You could’ve pushed Owen over with one finger. “So what am I supposed to do with this?” he asked.
“Survive as long as you can,” Art said, putting his hands on Owen’s shoulders in a way that now felt appropriately avuncular. “And if you ever have the opportunity to get out, take it. And run as far from this place as you possibly can.”
24
As soon as she opened the door to sabotage, Elle regretted it. She valued Luther’s counsel and had benefitted from it in the past, but it felt wrong. They didn’t know enough to reach that conclusion. And if the evidence pointed to something else, like negligence, then what?
She liked the Nexus. The antiseptic smell of the coolant below was oddly reassuring and the soft blue glow of the UV lights played on the ceiling like some kind of cave lagoon. It was a good place to think. But the sound of the airlock opening behind her yanked her from her reverie. Luther. Judging from the look on his face, he hadn’t expected to find her there.
“Hey,” he said. “What’re you doing down here?”
“I wanted to take everyone’s pulse on the message. See if perceptions were starting to shift.”
“And?” Luther asked.
“Slight uptick. Of course, now they’re just afraid of each other.”
He sighed and approached her bearing that condescending, fatherly look she hated.
“Things will calm down once we find whoever’s responsible,” he said, his voice softening.
“What if no one’s responsible? In fact, what if we are? Then what?”

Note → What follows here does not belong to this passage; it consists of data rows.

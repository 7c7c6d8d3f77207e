-- ===== src/Slicing/Bounds.antt =====
-- Where `snap` of src/parallel_stream.h and src/dom_parallel.h stops.
use jsonstreambench.Prelude.{
  ℕ, zero, suc, ◌+◌, ◌-◌, ◌≤◌, ◌<◌, ◌≡◌, ap, ◌⊎◌, inl, inr, arith, Bytes, if◌then◌else◌, leb, ◌==◌,
  length, byte_at, window_cons, window-zero, Bool-cases,
}
use jsonstreambench.Lines.{memchr}
use jsonstreambench.Slicing.{snap}

module _ (data_ : Bytes) (hi d : ℕ) (fits : hi ≤ length data_) where
  pub snap_end : (want : ℕ) → hi ≤ want → snap data_ hi d want ≡ hi
  unfolding snap
  snap_end want h = ground arith

  snap_step_to :
      (want m : ℕ)
      → want + suc m ≡ hi
      → snap data_ hi d want
        ≡ (if byte_at data_ want == d then want + 1 else snap data_ hi d (want + 1))
  unfolding snap memchr
  snap_step_to want zero e =
      let a : hi - want ≡ suc 0 = omega arith in
      rw (a, window_cons data_ want 0 (omega arith), window-zero data_ (suc want)) (ground arith)
  snap_step_to want (suc m) e =
      let a : hi - want ≡ suc (suc m) = omega arith in
      let b : hi - (want + 1) ≡ suc m = omega arith in
      let c : suc want ≡ want + 1 = omega arith in
      rw (a, b, window_cons data_ want (suc m) (omega arith), c) (ground arith)

  -- One byte further: a delimiter ends the search.
  pub snap_step :
      (want : ℕ)
      → want < hi
      → snap data_ hi d want
        ≡ (if byte_at data_ want == d then want + 1 else snap data_ hi d (want + 1))
  snap_step want h = snap_step_to want (hi - want - 1) (omega arith)

  snap_bounds_from :
      (m want : ℕ) → want + m ≡ hi → (want ≤ snap data_ hi d want) × (snap data_ hi d want ≤ hi)
  snap_bounds_from zero want e = omega (arith, snap_end want (omega arith))
  snap_bounds_from (suc m) want e =
      ground (arith, snap_step want (omega arith), snap_bounds_from m (want + 1) (omega arith))

  pub snap_bounds :
      (want : ℕ) → want ≤ hi → (want ≤ snap data_ hi d want) × (snap data_ hi d want ≤ hi)
  snap_bounds want h = snap_bounds_from (hi - want) want (omega arith)

  pub snap-le : (want : ℕ) → snap data_ hi d want ≤ hi
  snap-le want = elim (Bool-cases (leb hi want)) [
    | inl beyond ↦ omega (arith, snap_end want (ground arith))
    | inr inside ↦ (snap_bounds want (ground arith)).1
  ]

  snap_mono_from : (k want : ℕ) → snap data_ hi d want ≤ snap data_ hi d (want + k)
  snap_mono_from zero want = let e : want + 0 ≡ want = omega arith in rw e (omega arith)
  snap_mono_from (suc k) want =
      let e : want + suc k ≡ want + 1 + k = omega arith in
      rw e (elim (Bool-cases (leb hi want)) [
        | inl beyond ↦
            omega (arith, snap_end want (ground arith), snap_end (want + 1 + k) (ground arith))
        | inr inside ↦ ground (
          arith,
          snap_step want (ground arith),
          snap_mono_from k (want + 1),
          snap_bounds (want + 1) (ground arith),
        )
      ])

  -- Later requests are snapped no further back.
  pub snap_mono : (a b : ℕ) → a ≤ b → snap data_ hi d a ≤ snap data_ hi d b
  snap_mono a b h =
      let e : a + (b - a) ≡ b = omega arith in
      omega (arith, snap_mono_from (b - a) a, ap (snap data_ hi d) e)

  -- `p` is the end, or a delimiter stands in front of it.
  abbrev pub IsBoundary : ℕ → Type 0
  IsBoundary p = (p ≡ hi) ⊎ ((q : ℕ) × (p ≡ suc q) × (byte_at data_ q ≡ d))

  snap-IsBoundary_from : (m want : ℕ) → want + m ≡ hi → IsBoundary (snap data_ hi d want)
  snap-IsBoundary_from zero want e = inl (snap_end want (omega arith))
  snap-IsBoundary_from (suc m) want e = elim (Bool-cases (byte_at data_ want == d)) [
    | inl here ↦ inr (want, ground (arith, snap_step want (omega arith)), ground arith)
    | inr away ↦
        let stays : snap data_ hi d want ≡ snap data_ hi d (want + 1) =
          ground (arith, snap_step want (omega arith)) in
        rw stays (snap-IsBoundary_from m (want + 1) (omega arith))
  ]

  pub snap-IsBoundary : (want : ℕ) → IsBoundary (snap data_ hi d want)
  snap-IsBoundary want = elim (Bool-cases (leb hi want)) [
    | inl beyond ↦ inl (snap_end want (ground arith))
    | inr inside ↦ snap-IsBoundary_from (hi - want) want (ground arith)
  ]
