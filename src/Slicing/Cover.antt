-- ===== src/Slicing/Cover.antt =====
-- src/dom_parallel.h: the slices of an input put together, and their documents.
use jsonstreambench.Prelude.{
  ℕ, zero, suc, ◌+◌, ◌-◌, ◌*◌, ◌≤◌, ◌<◌, ◌≡◌, ap, ◌∙◌, sym, [], ◌∷◌, ◌++◌, ◌⊎◌, inl, inr, arith,
  Bytes, if◌then◌else◌, ◌==◌, length, byte_at, take, window, window-zero, window_split, window_snoc,
  append-nil, Bool-cases,
}
use jsonstreambench.Lines.{newline}
use jsonstreambench.Lines.Split.{
  lines, documents_of, documents, IsWhole, empty, ended, documents-append,
}
use jsonstreambench.Slicing.{snap}
use jsonstreambench.Slicing.Bounds.{snap_end, snap-le, snap_mono, snap-IsBoundary}

-- Where the slice that is claimed at `raw` begins.
unfoldable pub start : Bytes → ℕ → ℕ → ℕ → ℕ
start data_ hi d raw = if raw == 0 then 0 else snap data_ hi d raw

-- What the slice `[raw, raw + block)` holds.
unfoldable pub piece : Bytes → ℕ → ℕ → ℕ → ℕ → Bytes
unfolding start
piece data_ hi d block raw =
    window data_ (start data_ hi d raw) (snap data_ hi d (raw + block) - start data_ hi d raw)

-- The first `k` slices, put together.
unfoldable pub pieces : Bytes → ℕ → ℕ → ℕ → ℕ → Bytes
pieces data_ hi d block zero = []
pieces data_ hi d block (suc k) = pieces data_ hi d block k ++ piece data_ hi d block (k * block)

module _ (data_ : Bytes) (hi d block : ℕ) (fits : hi ≤ length data_) (block_pos : 0 < block) where
  start-le : (raw : ℕ) → start data_ hi d raw ≤ hi
  unfolding start
  start-le raw = ground (arith, snap-le data_ hi d fits raw)

  pub start_first : start data_ hi d (0 * block) ≡ 0
  unfolding start
  start_first = ground arith

  start_next : (k : ℕ) → start data_ hi d (suc k * block) ≡ snap data_ hi d (k * block + block)
  unfolding start
  start_next k = let e : suc k * block ≡ k * block + block = omega arith in rw e (ground arith)

  pub start-le-snap : (raw : ℕ) → start data_ hi d raw ≤ snap data_ hi d (raw + block)
  unfolding start
  start-le-snap raw = ground (arith, snap_mono data_ hi d fits raw (raw + block) (omega arith))

  -- The text in front of a slice, and the slice.
  pub window-start :
      (k : ℕ)
      → window data_ 0 (start data_ hi d (suc k * block))
        ≡ window data_ 0 (start data_ hi d (k * block)) ++ piece data_ hi d block (k * block)
  unfolding piece
  window-start k =
      let a = start data_ hi d (k * block) in
      let b = snap data_ hi d (k * block + block) in
      let le : a ≤ b = start-le-snap (k * block) in
      let top : b ≤ hi = snap-le data_ hi d fits (k * block + block) in
      let e : a + (b - a) ≡ b = omega arith in
      ap (window data_ 0) (start_next k ∙ sym e)
      ∙ window_split data_ 0 a (b - a) (omega arith)
      ∙ ap (λ i. window data_ 0 a ++ window data_ i (b - a)) (omega arith)

  pieces-window :
      (k : ℕ) → pieces data_ hi d block k ≡ window data_ 0 (start data_ hi d (k * block))
  unfolding pieces
  pieces-window zero = rw start_first (sym (window-zero data_ 0))
  pieces-window (suc k) = rw (pieces-window k) (sym (window-start k))

  pub start_last : (n : ℕ) → hi ≤ n * block → start data_ hi d (n * block) ≡ hi
  unfolding start
  start_last n h = ground (arith, snap_end data_ hi d fits (n * block) h)

  -- Slices up to the end, put together, are the input.
  pub pieces_all : (n : ℕ) → hi ≤ n * block → pieces data_ hi d block n ≡ take hi data_
  unfolding window
  pieces_all n h = pieces-window n ∙ ap (window data_ 0) (start_last n h)

-- The text in front of a boundary is whole lines, or all of the text.
boundary-IsWhole :
    (data_ : Bytes) (p q : ℕ)
    → p ≡ suc q
    → p ≤ length data_
    → byte_at data_ q ≡ newline
    → IsWhole (window data_ 0 p)
boundary-IsWhole data_ p q e h nl =
    let cut : window data_ 0 p ≡ window data_ 0 q ++ newline ∷ [] =
      ap (window data_ 0) e
      ∙ window_snoc data_ 0 q (omega arith)
      ∙ ap (λ c. window data_ 0 q ++ c ∷ []) (ap (byte_at data_) (omega arith) ∙ nl) in
    rw cut (ended (window data_ 0 q))

module _ (data_ : Bytes) (hi block : ℕ) (fits : hi ≤ length data_) (block_pos : 0 < block) where
  start-IsWhole :
      (raw : ℕ)
      → (start data_ hi newline raw ≡ hi) ⊎ IsWhole (window data_ 0 (start data_ hi newline raw))
  unfolding start
  start-IsWhole raw = elim (Bool-cases (raw == 0)) [
    | inl first ↦ rw first (inr (rw (window-zero data_ 0) empty))
    | inr later ↦ rw later (elim (snap-IsBoundary data_ hi newline fits raw) [
      | inl end ↦ inl end
      | inr (q, e, nl) ↦ inr (
          boundary-IsWhole data_ (snap data_ hi newline raw) q e
            (omega (arith, snap-le data_ hi newline fits raw)) nl)
    ])
  ]

  piece_nil :
      (k : ℕ)
      → start data_ hi newline (k * block) ≡ hi
      → piece data_ hi newline block (k * block) ≡ []
  unfolding piece
  piece_nil k end =
      let top = snap-le data_ hi newline fits (k * block + block) in
      let z : snap data_ hi newline (k * block + block) - start data_ hi newline (k * block) ≡ 0 =
        omega arith in
      rw z (window-zero data_ _)

  -- No slice splits a document.
  pub documents-start :
      (k : ℕ)
      → documents (window data_ 0 (start data_ hi newline (suc k * block)))
        ≡ documents (window data_ 0 (start data_ hi newline (k * block)))
          ++ documents (piece data_ hi newline block (k * block))
  documents-start k =
      let cut = window-start data_ hi newline block fits block_pos k in
      elim (start-IsWhole (k * block)) [
        | inr whole ↦ ap documents cut ∙ documents-append _ whole
        | inl end ↦
            let none_left : piece data_ hi newline block (k * block) ≡ [] = piece_nil k end in
            rw none_left (
              ap documents (
                cut
                ∙ ap (λ t. window data_ 0 (start data_ hi newline (k * block)) ++ t) none_left
                ∙ append-nil _)
              ∙ unfold documents lines documents_of in sym (append-nil _))
      ]
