-- ===== src/Pool/Total.antt =====
-- Weighted sums over the threads of a pool, and over runs of claims.
use jsonstreambench.Prelude.{ℕ, zero, suc, ◌+◌, ◌≡◌, List, [], ◌∷◌, some, arith, get_elem?, set}

module _ {ℓ} {A : Type ℓ} (weight : A → ℕ) where
  unfoldable pub total : List A → ℕ
  total [] = 0
  total (a ∷ xs) = weight a + total xs

  pub total-set :
      (xs : List A) (i : ℕ) (a b : A)
      → get_elem? xs i ≡ some a
      → total (set xs i b) + weight a ≡ total xs + weight b
  unfolding total
  total-set [] i a b h = absurd (ground arith)
  total-set (c ∷ xs) zero a b h = ground arith
  total-set (c ∷ xs) (suc i) a b h = omega (arith, total-set xs i a b h)

-- `c a + … + c (a + n - 1)`.
unfoldable pub range : (ℕ → ℕ) → ℕ → ℕ → ℕ
range c a zero = 0
range c a (suc n) = c a + range c (suc a) n

pub range_snoc : (c : ℕ → ℕ) (a n : ℕ) → range c a (suc n) ≡ range c a n + c (a + n)
unfolding range
range_snoc c a zero = let e : a + 0 ≡ a = omega arith in rw e (omega arith)
range_snoc c a (suc n) =
    let e : a + suc n ≡ suc a + n = omega arith in rw e (omega (arith, range_snoc c (suc a) n))

pub range_split : (c : ℕ → ℕ) (a m n : ℕ) → range c a (m + n) ≡ range c a m + range c (a + m) n
unfolding range
range_split c a zero n =
    let e : a + 0 ≡ a = omega arith in let z : 0 + n ≡ n = omega arith in rw (e, z) (omega arith)
range_split c a (suc m) n =
    let e : a + suc m ≡ suc a + m = omega arith in
    let z : suc m + n ≡ suc (m + n) = omega arith in
    rw (e, z) (omega (arith, range_split c (suc a) m n))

He placed his hands on her shoulders the way he did when she needed reassuring. It normally made her feel strong and in control, but here it felt oddly menacing.
“Look, there’s no blueprint for this situation. All we can do is stay out in front of it. That’s exactly what we’re doing.”
“Why are you down here?” she asked.
He paused for just a moment before replying. It might have been her imagination, but it felt like he was buying his brain an extra second to think. It made what came next feel an awful lot like a lie. He dropped his hands from her shoulders and folded them behind his back, then nodded down at the submerged components.